Parallèlement à son engagement dans les oléoprotéagineux, Jean-Claude Sabin sera l’une des chevilles ouvrières de la structuration des coopératives dans le Sud de la France, d’abord le regroupement des coopératives du Tarn dans la Coopérative occitane, puis sa fusion avec la Coopérative agricole lauragaise dans l’Aude pour donner naissance à Arterris. Même démarche au niveau national avec la création d’InVivo. Sans parler de son engagement dans les Chambres d’agriculture dans le Tarn, en Midi-Pyrénées et au niveau national où il aura la responsabilité des relations internationales.
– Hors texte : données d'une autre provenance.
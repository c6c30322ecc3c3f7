-- ===== src/Spinlock/Exclusion.antt =====
-- Mutual exclusion, and that no CPU panics.
use swag_os.Base.{ℕ, ◌<◌, ◌≡◌, ◌≢◌, Bool, true, false, if◌then◌else◌, arith}
use swag_os.Base.Outcome.{ok, panic}
use swag_os.Spinlock.{no_owner, inc_cli, dec_cli, spinlock_check_held}
use swag_os.Spinlock.System.{
  Pc, outside, checking, spinning, entered, holding, releasing, disowned, leaving, panicked, System,
  Move, begin, deadlock, no_deadlock, spin, test_and_set, own, not_held, held, disown, clear,
  bad_count, finish, pick, IsInitial, Reach, start, later,
}

-- Between the test-and-set and the clearing of the flag.
abbrev pub inside : Pc → Bool
inside entered = true
inside holding = true
inside releasing = true
inside disowned = true
inside _ = false

-- `owner_cpu` names the CPU.
abbrev pub owns : Pc → Bool
owns holding = true
owns releasing = true
owns _ = false

-- Interrupts are counted off on this CPU.
abbrev pub masked : Pc → Bool
masked outside = false
masked _ = true

pub record Inv (n : ℕ) (s : System) : Type 0 where
  pub unique : (i j : ℕ) → inside (s.pc i) ≡ true → inside (s.pc j) ≡ true → i ≡ j
  pub locked : (i : ℕ) → inside (s.pc i) ≡ true → s.lock.is_locked ≡ true
  pub owner : (i : ℕ) → owns (s.pc i) ≡ true → s.lock.owner_cpu ≡ i
  pub owned : (i : ℕ) → i < n → s.lock.owner_cpu ≡ i → owns (s.pc i) ≡ true
  pub ids : (i : ℕ) → (s.cpu i).id ≡ i
  pub counted : (i : ℕ) → (s.cpu i).cli_count ≡ (if masked (s.pc i) then 1 else 0)
  pub quiet : (i : ℕ) → masked (s.pc i) ≡ true → (s.cpu i).interrupts ≡ false
  pub sound : (i : ℕ) → s.pc i ≢ panicked

Inv-init : (n : ℕ) (s : System) → IsInitial s → n < no_owner → Inv n s
Inv-init n s z small = record {
  unique = λ i j a b. ground (arith, z.all_outside i);
  locked = λ i a. ground (arith, z.all_outside i);
  owner = λ i a. ground (arith, z.all_outside i);
  owned = λ i lt e. ground (arith, z.unowned);
  ids = z.ids;
  counted = λ i. ground (arith, z.all_outside i, z.counts i);
  quiet = λ i a. ground (arith, z.all_outside i);
  sound = λ i e. ground (arith, z.all_outside i);
}

-- What a move requires, for the catch-all clauses below, which cannot name it.
abbrev Premise : {s : System} {i : ℕ} {t : System} → Move s i t → Type 0
Premise {s} {i} (begin e) = s.pc i ≡ outside
Premise {s} {i} (deadlock e h) = (s.pc i ≡ checking) × (spinlock_check_held s.lock (s.cpu i) ≡ true)
Premise {s} {i} (no_deadlock e h) = s.pc i ≡ checking
Premise {s} {i} (spin e h) = s.pc i ≡ spinning
Premise {s} {i} (test_and_set e h) = (s.pc i ≡ spinning) × (s.lock.is_locked ≡ false)
Premise {s} {i} (own e) = s.pc i ≡ entered
Premise {s} {i} (not_held e h) = (s.pc i ≡ holding) × (spinlock_check_held s.lock (s.cpu i) ≡ false)
Premise {s} {i} (held e h) = s.pc i ≡ holding
Premise {s} {i} (disown e) = s.pc i ≡ releasing
Premise {s} {i} (clear e) = s.pc i ≡ disowned
Premise {s} {i} (bad_count e h) = (s.pc i ≡ leaving) × (dec_cli (s.cpu i) ≡ panic)
Premise {s} {i} (finish {c} e h) = (s.pc i ≡ leaving) × (dec_cli (s.cpu i) ≡ ok c)

premise : {s : System} {i : ℕ} {t : System} (mv : Move s i t) → Premise mv
premise (begin e) = e
premise (deadlock e h) = (e, h)
premise (no_deadlock e h) = e
premise (spin e h) = e
premise (test_and_set e h) = (e, h)
premise (own e) = e
premise (not_held e h) = (e, h)
premise (held e h) = e
premise (disown e) = e
premise (clear e) = e
premise (bad_count e h) = (e, h)
premise (finish e h) = (e, h)

module _ (n : ℕ) (s : System) (small : n < no_owner) (inv : Inv n s) (i : ℕ) (lt : i < n) where
  open inv use {unique, locked, owner, owned, ids, counted, quiet, sound}

  Move-unique :
      {t : System}
      → Move s i t
      → (a b : ℕ) → inside (t.pc a) ≡ true
      → inside (t.pc b) ≡ true
      → a ≡ b
  Move-unique (begin e) a b p q = ground (arith, unique a b)
  Move-unique mv a b p q = ground (arith, premise mv, unique a b, locked a, locked b)

  Move-locked :
      {t : System} → Move s i t → (a : ℕ) → inside (t.pc a) ≡ true → t.lock.is_locked ≡ true
  Move-locked (begin e) a p = ground (arith, locked a)
  Move-locked mv a p = ground (arith, premise mv, locked a, unique a i)

  Move-owner : {t : System} → Move s i t → (a : ℕ) → owns (t.pc a) ≡ true → t.lock.owner_cpu ≡ a
  Move-owner (begin e) a p = ground (arith, owner a)
  Move-owner mv a p = ground (arith, premise mv, owner a, unique a i, ids i)

  Move-owned :
      {t : System} → Move s i t → (a : ℕ) → a < n → t.lock.owner_cpu ≡ a → owns (t.pc a) ≡ true
  unfolding spinlock_check_held
  Move-owned (begin e) a p q = ground (arith, owned a)
  Move-owned mv a p q = ground (arith, premise mv, owned a, ids i, owner i, locked i, small)

  Move-ids : {t : System} → Move s i t → (a : ℕ) → (t.cpu a).id ≡ a
  unfolding inc_cli dec_cli
  Move-ids (begin e) a = ground (arith, ids a)
  Move-ids mv a = ground (arith, premise mv, ids a)

  Move-counted :
      {t : System} → Move s i t → (a : ℕ) → (t.cpu a).cli_count ≡ (if masked (t.pc a) then 1 else 0)
  unfolding inc_cli dec_cli
  Move-counted (begin e) a = ground (arith, e, counted a)
  Move-counted mv a = ground (arith, premise mv, counted a)

  Move-quiet :
      {t : System} → Move s i t → (a : ℕ) → masked (t.pc a) ≡ true → (t.cpu a).interrupts ≡ false
  unfolding inc_cli dec_cli
  Move-quiet (begin e) a p = ground (arith, e, quiet a)
  Move-quiet mv a p = ground (arith, premise mv, quiet a)

  -- The deadlock check, the check of `release_Spinlock` and those of `dec_cli` all pass.
  Move-sound : {t : System} → Move s i t → (a : ℕ) → t.pc a ≢ panicked
  unfolding inc_cli dec_cli spinlock_check_held
  Move-sound (begin e) a p = ground (arith, e, sound a)
  Move-sound mv a p =
      ground (arith, premise mv, sound a, owned i, owner i, locked i, ids i, counted i, quiet i)

  Move-Inv : {t : System} → Move s i t → Inv n t
  Move-Inv mv = record {
    unique = Move-unique mv;
    locked = Move-locked mv;
    owner = Move-owner mv;
    owned = Move-owned mv;
    ids = Move-ids mv;
    counted = Move-counted mv;
    quiet = Move-quiet mv;
    sound = Move-sound mv;
  }

pub Reach-Inv : {n : ℕ} {s : System} → n < no_owner → Reach n s → Inv n s
Reach-Inv {n} {s} small (start z) = Inv-init n s z small
Reach-Inv {n} small (later {s} r (pick i lt mv)) = Move-Inv n s small (Reach-Inv small r) i lt mv

-- In every reachable state at most one CPU is between the test-and-set of `acquire_Spinlock` and
-- the clearing of the flag in `release_Spinlock`.
pub mutual_exclusion :
    {n : ℕ} {s : System} (i j : ℕ)
    → n < no_owner
    → Reach n s
    → inside (s.pc i) ≡ true
    → inside (s.pc j) ≡ true
    → i ≡ j
mutual_exclusion i j small r p q = (Reach-Inv small r).unique i j p q

-- No check of `acquire_Spinlock`, `release_Spinlock` or `dec_cli` ever panics on a CPU that takes
-- and releases the lock in turn, and a CPU that holds it has its interrupts off.
pub never_panics :
    {n : ℕ} {s : System}
    → n < no_owner
    → Reach n s
    → (i : ℕ) → (s.pc i ≢ panicked) × (inside (s.pc i) ≡ true → (s.cpu i).interrupts ≡ false)
never_panics small r i =
    let inv = Reach-Inv small r in (inv.sound i, λ p. ground (arith, inv.quiet i))
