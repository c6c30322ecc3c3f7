-- ===== src/Spinlock/Tests.antt =====
-- The theorems on src/kernel/kernel/spinlock.c at a short run of two CPUs.
use swag_os.Base.{ℕ, ◌≡◌, ◌≢◌, refl, true, false, arith}
use swag_os.Spinlock.{no_owner, inc_cli, spinlock_check_held}
use swag_os.Spinlock.System.{
  outside, checking, spinning, entered, panicked, update, System, begin, no_deadlock, test_and_set,
  pick, Reach, start, later,
}
use swag_os.Spinlock.Exclusion.{inside, mutual_exclusion, never_panics}

abbrev quiet : System
quiet = record {
  lock = record { owner_cpu = no_owner; is_locked = false };
  cpu = λ i. record { id = i; cli_count = 0; no_int = false; interrupts = true };
  pc = λ _. outside;
}

abbrev waiting : System
waiting = record quiet {
  cpu = update quiet.cpu 0 (record { id = 0; cli_count = 1; no_int = false; interrupts = false });
  pc = update quiet.pc 0 checking;
}

abbrev trying : System
trying = record waiting { pc = update waiting.pc 0 spinning }

abbrev won : System
won = record trying {
  lock = record { owner_cpu = no_owner; is_locked = true };
  pc = update trying.pc 0 entered;
}

won-Reach : Reach 2 won
unfolding inc_cli spinlock_check_held
won-Reach =
    later
      (later
        (later
          (start {s = quiet} (record {
            unlocked = refl;
            unowned = refl;
            all_outside = λ i. refl;
            ids = λ i. refl;
            counts = λ i. refl;
          }))
          (pick {t = waiting} 0 (omega arith) (begin refl)))
        (pick {t = trying} 0 (omega arith) (no_deadlock refl refl)))
      (pick {t = won} 0 (omega arith) (test_and_set refl refl))

mutual_exclusion_example : ◌≡◌ {A = ℕ} 0 0
mutual_exclusion_example = mutual_exclusion 0 0 (omega arith) won-Reach refl refl

never_panics_example :
    (won.pc 0 ≢ panicked) × (inside (won.pc 0) ≡ true → (won.cpu 0).interrupts ≡ false)
never_panics_example = never_panics (omega arith) won-Reach 0
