-- ===== src/UserHeap.antt =====
-- The heap of a process: SYSHANDLER_sbrk of src/kernel/arch/x86_64/syscalls.c, FreeHeapAllocEntry and
-- FreeUserHeapBits of src/kernel/kernel/proc.c.
pub mod FirstFit
pub mod Release
mod Tests
use swag_os.Base.{
  ℕ, zero, suc, ◌+◌, ◌-◌, ◌*◌, ◌/◌, ◌%◌, ◌^◌, bit_and, bit_or, Bool, true, false, not, ◌&&◌, List,
  [], ◌∷◌, ◌++◌, Option, none, some, ltb, leb, ◌==◌, if◌then◌else◌,
}
use swag_os.Base.Bits.{test_bit, bit_not}
use swag_os.Base.Outcome.{Outcome, ok, panic}

abbrev pub user_heap_start : ℕ
user_heap_start = 0xffffffff00000000 - 0x1000

-- `user_heap_bitmap`, 512 words of 64 bits.
abbrev pub Bitmap : Type 0
Bitmap = ℕ → ℕ

-- `HeapAllocEntry`
pub record HeapAllocEntry : Type 0 where
  pub start : ℕ
  pub end : ℕ
  pub bit_start : ℕ
  pub bit_end : ℕ
  pub i_start : ℕ
  pub i_end : ℕ

-- The local variables of the search of sbrk.
pub record Search : Type 0 where
  pub curr_count : ℕ
  pub i_start : ℕ
  pub bit_start : ℕ
  pub end_i : ℕ
  pub end_bit : ℕ

abbrev pub nothing_found : Search
nothing_found = record { curr_count = 0; i_start = 0; bit_start = 0; end_i = 0; end_bit = 0 }

-- The count after one bit: a run of free bits starts, goes on or is broken.
unfoldable pub count_bit : Bitmap → ℕ → ℕ → Search → Search
count_bit m i bit s =
    if not (test_bit (m i) bit)
    then (if s.curr_count == 0
        then record s { i_start = i; bit_start = bit; curr_count = 1 }
        else record s { curr_count = suc s.curr_count })
    else record s { curr_count = 0 }

-- The bits of word `i` from `bit` on, `n` of them, until the run is long enough.
unfoldable pub search_word : Bitmap → ℕ → ℕ → ℕ → ℕ → Search → Search
unfolding count_bit
search_word m pages i zero bit s = s
search_word m pages i (suc n) bit s =
    let s1 = count_bit m i bit s in
    let rest = search_word m pages i n (suc bit) s1 in
    if s1.curr_count == pages then record s1 { end_bit = bit; end_i = i } else rest

-- The words from `i` on, `n` of them.
unfoldable pub search_heap : Bitmap → ℕ → ℕ → ℕ → Search → Search
unfolding search_word
search_heap m pages zero i s = s
search_heap m pages (suc n) i s =
    let s1 = search_word m pages i 64 0 s in
    let rest = search_heap m pages n (suc i) s1 in if s1.curr_count == pages then s1 else rest

-- `USER_HEAP_START - ((PGSIZE * bit) + ((64*PGSIZE)*i))`
unfoldable pub heap_address : ℕ → ℕ → ℕ
heap_address i bit = user_heap_start - (0x1000 * bit + 64 * 0x1000 * i)

abbrev pub or_else {ℓ} : {A : Type ℓ} → Option A → A → A
or_else none x = x
or_else (some y) x = y

-- The heap of a process as sbrk and free see it: the bitmap, the pages in use, newest first, each with
-- its virtual and its physical address, and the allocations, newest first.
pub record UserHeap : Type 0 where
  pub bitmap : Bitmap
  pub used_pages : List (ℕ × ℕ)
  pub heap_allocations : List HeapAllocEntry

-- What sbrk calls: `1 << bit` is an int in the source, which `shift` gives as a word; and `maps` says for a
-- virtual address of the heap whether map_4kb_page_user returns, which panics where an entry for the page is
-- there already.
pub record Kernel : Type 0 where
  pub shift : ℕ → ℕ
  pub maps : ℕ → Bool

-- The marking as it goes on: the frames that `physical_frame_request_4kb` will give, UINT64_MAX where it
-- fails, the `end` so far, whether every page has been mapped, and whether a mapping has panicked.
pub record Marking : Type 0 where
  pub heap : UserHeap
  pub frames : List ℕ
  pub last : ℕ
  pub done : Bool
  pub crashed : Bool

-- One page: `1 << bit` is an int in the source, and `k.shift` is what it gives as a word.
unfoldable pub mark_page : Kernel → ℕ → ℕ → ℕ → List ℕ → UserHeap → Marking
unfolding heap_address
mark_page k i bit pa frames h = record {
  heap = record h {
    bitmap = λ j. if j == i then bit_or (h.bitmap i) (k.shift bit) else h.bitmap j;
    used_pages = (heap_address i bit, pa) ∷ h.used_pages;
  };
  frames = frames;
  last = heap_address i bit + 0xFFF;
  done = true;
  crashed = false;
}

unfoldable pub request_failed : Marking → List ℕ → Marking
request_failed s frames = record s { frames = frames; done = false }

unfoldable pub map_panicked : Marking → List ℕ → Marking
map_panicked s frames = record s { frames = frames; done = false; crashed = true }

-- The `n` bits of word `i` from `bit` on.
unfoldable pub mark_bits : Kernel → ℕ → ℕ → ℕ → List ℕ → Marking → Marking
unfolding mark_page request_failed map_panicked heap_address
mark_bits k i zero bit frames s = record s { frames = frames }
mark_bits k i (suc n) bit [] s = request_failed s []
mark_bits k i (suc n) bit (pa ∷ frames) s =
    let rest = mark_bits k i n (suc bit) frames (mark_page k i bit pa frames s.heap) in
    if pa == 2 ^ 64 - 1
    then request_failed s frames
    else if k.maps (heap_address i bit)
    then rest
    else map_panicked s frames

-- The `n` words from `i` on: in each word the bits from `bit_start` to `bit_end`.
unfoldable pub mark_words : Kernel → ℕ → ℕ → ℕ → ℕ → Marking → Marking
unfolding mark_bits
mark_words k bit_start bit_end zero i s = s
mark_words k bit_start bit_end (suc n) i s =
    let s1 = mark_bits k i (suc bit_end - bit_start) bit_start s.frames s in
    let rest = mark_words k bit_start bit_end n (suc i) s1 in if s1.done then rest else s1

-- The entry of a new allocation.
unfoldable pub new_entry : Search → ℕ → ℕ → HeapAllocEntry
new_entry s alloc_ptr last = record {
  start = alloc_ptr;
  end = last;
  bit_start = s.bit_start;
  bit_end = s.end_bit;
  i_start = s.i_start;
  i_end = s.end_i;
}

-- The marking of the run that a search has found, and the result. An entry that kalloc refuses is
-- written through NULL, which faults.
unfoldable pub sbrk_found : Kernel → Bool → List ℕ → Search → UserHeap → Outcome (UserHeap × ℕ)
unfolding mark_words heap_address new_entry
sbrk_found k entry_given frames s h =
    let alloc_ptr = heap_address s.i_start s.bit_start in
    let start : Marking = record {
      heap = h;
      frames = frames;
      last = 0;
      done = true;
      crashed = false;
    } in
    let marked = mark_words k s.bit_start s.end_bit (suc s.end_i - s.i_start) s.i_start start in
    if not marked.done
    then if marked.crashed then panic else ok (marked.heap, 2 ^ 64 - 1)
    else if not entry_given
    then panic
    else ok (
      record (marked.heap) {
        heap_allocations = new_entry s alloc_ptr marked.last ∷ marked.heap.heap_allocations;
      },
      alloc_ptr,
    )

-- The heap and `rax` after SYSHANDLER_sbrk of `rsi` bytes.
unfoldable pub sbrk : Kernel → Bool → List ℕ → ℕ → UserHeap → Outcome (UserHeap × ℕ)
unfolding search_heap sbrk_found
sbrk k entry_given frames rsi h =
    let pages = rsi / 0x1000 + 1 in
    let s = search_heap h.bitmap pages 512 0 nothing_found in
    if s.curr_count == pages then sbrk_found k entry_given frames s h else ok (h, 2 ^ 64 - 1)

-- The page behind an entry of the list; `head_pa` is read where the list ends.
unfoldable pub next_frame : ℕ → List (ℕ × ℕ) → ℕ
next_frame head_pa [] = head_pa
next_frame head_pa (page ∷ pages) = page.1

-- The loop over the pages in use: for each page between two addresses the frame of the page behind it is
-- given back. All entries were put in front and have the header as their `prev`, so that the removal of
-- one makes what is behind it the whole list. The result is that list, if there was a removal, and the
-- frames.
unfoldable pub free_pages : ℕ → ℕ → ℕ → List (ℕ × ℕ) → Option (List (ℕ × ℕ)) × List ℕ
unfolding next_frame
free_pages head_pa first last [] = (none, [])
free_pages head_pa first last (page ∷ pages) =
    let rest = free_pages head_pa first last pages in
    if leb first page.0 && leb page.0 last
    then (some (or_else rest.0 pages), next_frame head_pa pages ∷ rest.1)
    else rest

unfoldable pub clear_bits : (ℕ → ℕ) → ℕ → ℕ → ℕ → Bitmap → Bitmap
clear_bits shift i zero bit m = m
clear_bits shift i (suc n) bit m =
    clear_bits shift i n (suc bit)
      (λ j. if j == i then bit_and (m i) (bit_not 64 (shift bit)) else m j)

unfoldable pub clear_words : (ℕ → ℕ) → ℕ → ℕ → ℕ → ℕ → Bitmap → Bitmap
unfolding clear_bits
clear_words shift bit_start bit_end zero i m = m
clear_words shift bit_start bit_end (suc n) i m =
    clear_words shift bit_start bit_end n (suc i)
      (clear_bits shift i (suc bit_end - bit_start) bit_start m)

-- The heap and the frames that are given back.
unfoldable pub free_user_heap_bits : (ℕ → ℕ) → ℕ → HeapAllocEntry → UserHeap → UserHeap × List ℕ
unfolding free_pages clear_words
free_user_heap_bits shift head_pa entry h =
    let pages = free_pages head_pa entry.start entry.end h.used_pages in
    (
      record h {
        used_pages = or_else pages.0 h.used_pages;
        bitmap =
            clear_words shift entry.bit_start entry.bit_end (suc entry.i_end - entry.i_start)
              entry.i_start h.bitmap;
      },
      pages.1,
    )

-- The first allocation that has an address, and what is left of the list when it is removed: what is
-- behind it, for the reason that free_pages gives.
unfoldable pub find_entry : ℕ → List HeapAllocEntry → Option (HeapAllocEntry × List HeapAllocEntry)
find_entry address [] = none
find_entry address (entry ∷ entries) =
    let rest = find_entry address entries in
    if leb entry.start address && leb address entry.end then some (entry, entries) else rest

-- SYSHANDLER_free of an address.
unfoldable pub free_heap_alloc_entry : (ℕ → ℕ) → ℕ → ℕ → UserHeap → UserHeap × List ℕ
unfolding find_entry free_user_heap_bits
free_heap_alloc_entry shift head_pa address h = elim (find_entry address h.heap_allocations) [
  | none ↦ (h, [])
  | some (entry, others) ↦
      free_user_heap_bits shift head_pa entry (record h { heap_allocations = others })
]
Au-delà des réalisations de l’auteur qui ont marqué cette période, l’ouvrage fourmille d’anecdotes souvent drôles issues de ses nombreuses rencontres et voyages à travers le monde qui rendent la lecture attractive et qui lui donnent du relief. Les anciens y trouveront une part de leur histoire et les plus jeunes, un éclairage sur un passé récent. Surtout, ils pourront retenir les propos de Saint-Exupéry que Jean-Claude Sabin, en homme de challenge, a fait siens : « ils ne savaient pas que c’était impossible, alors ils l’ont fait ».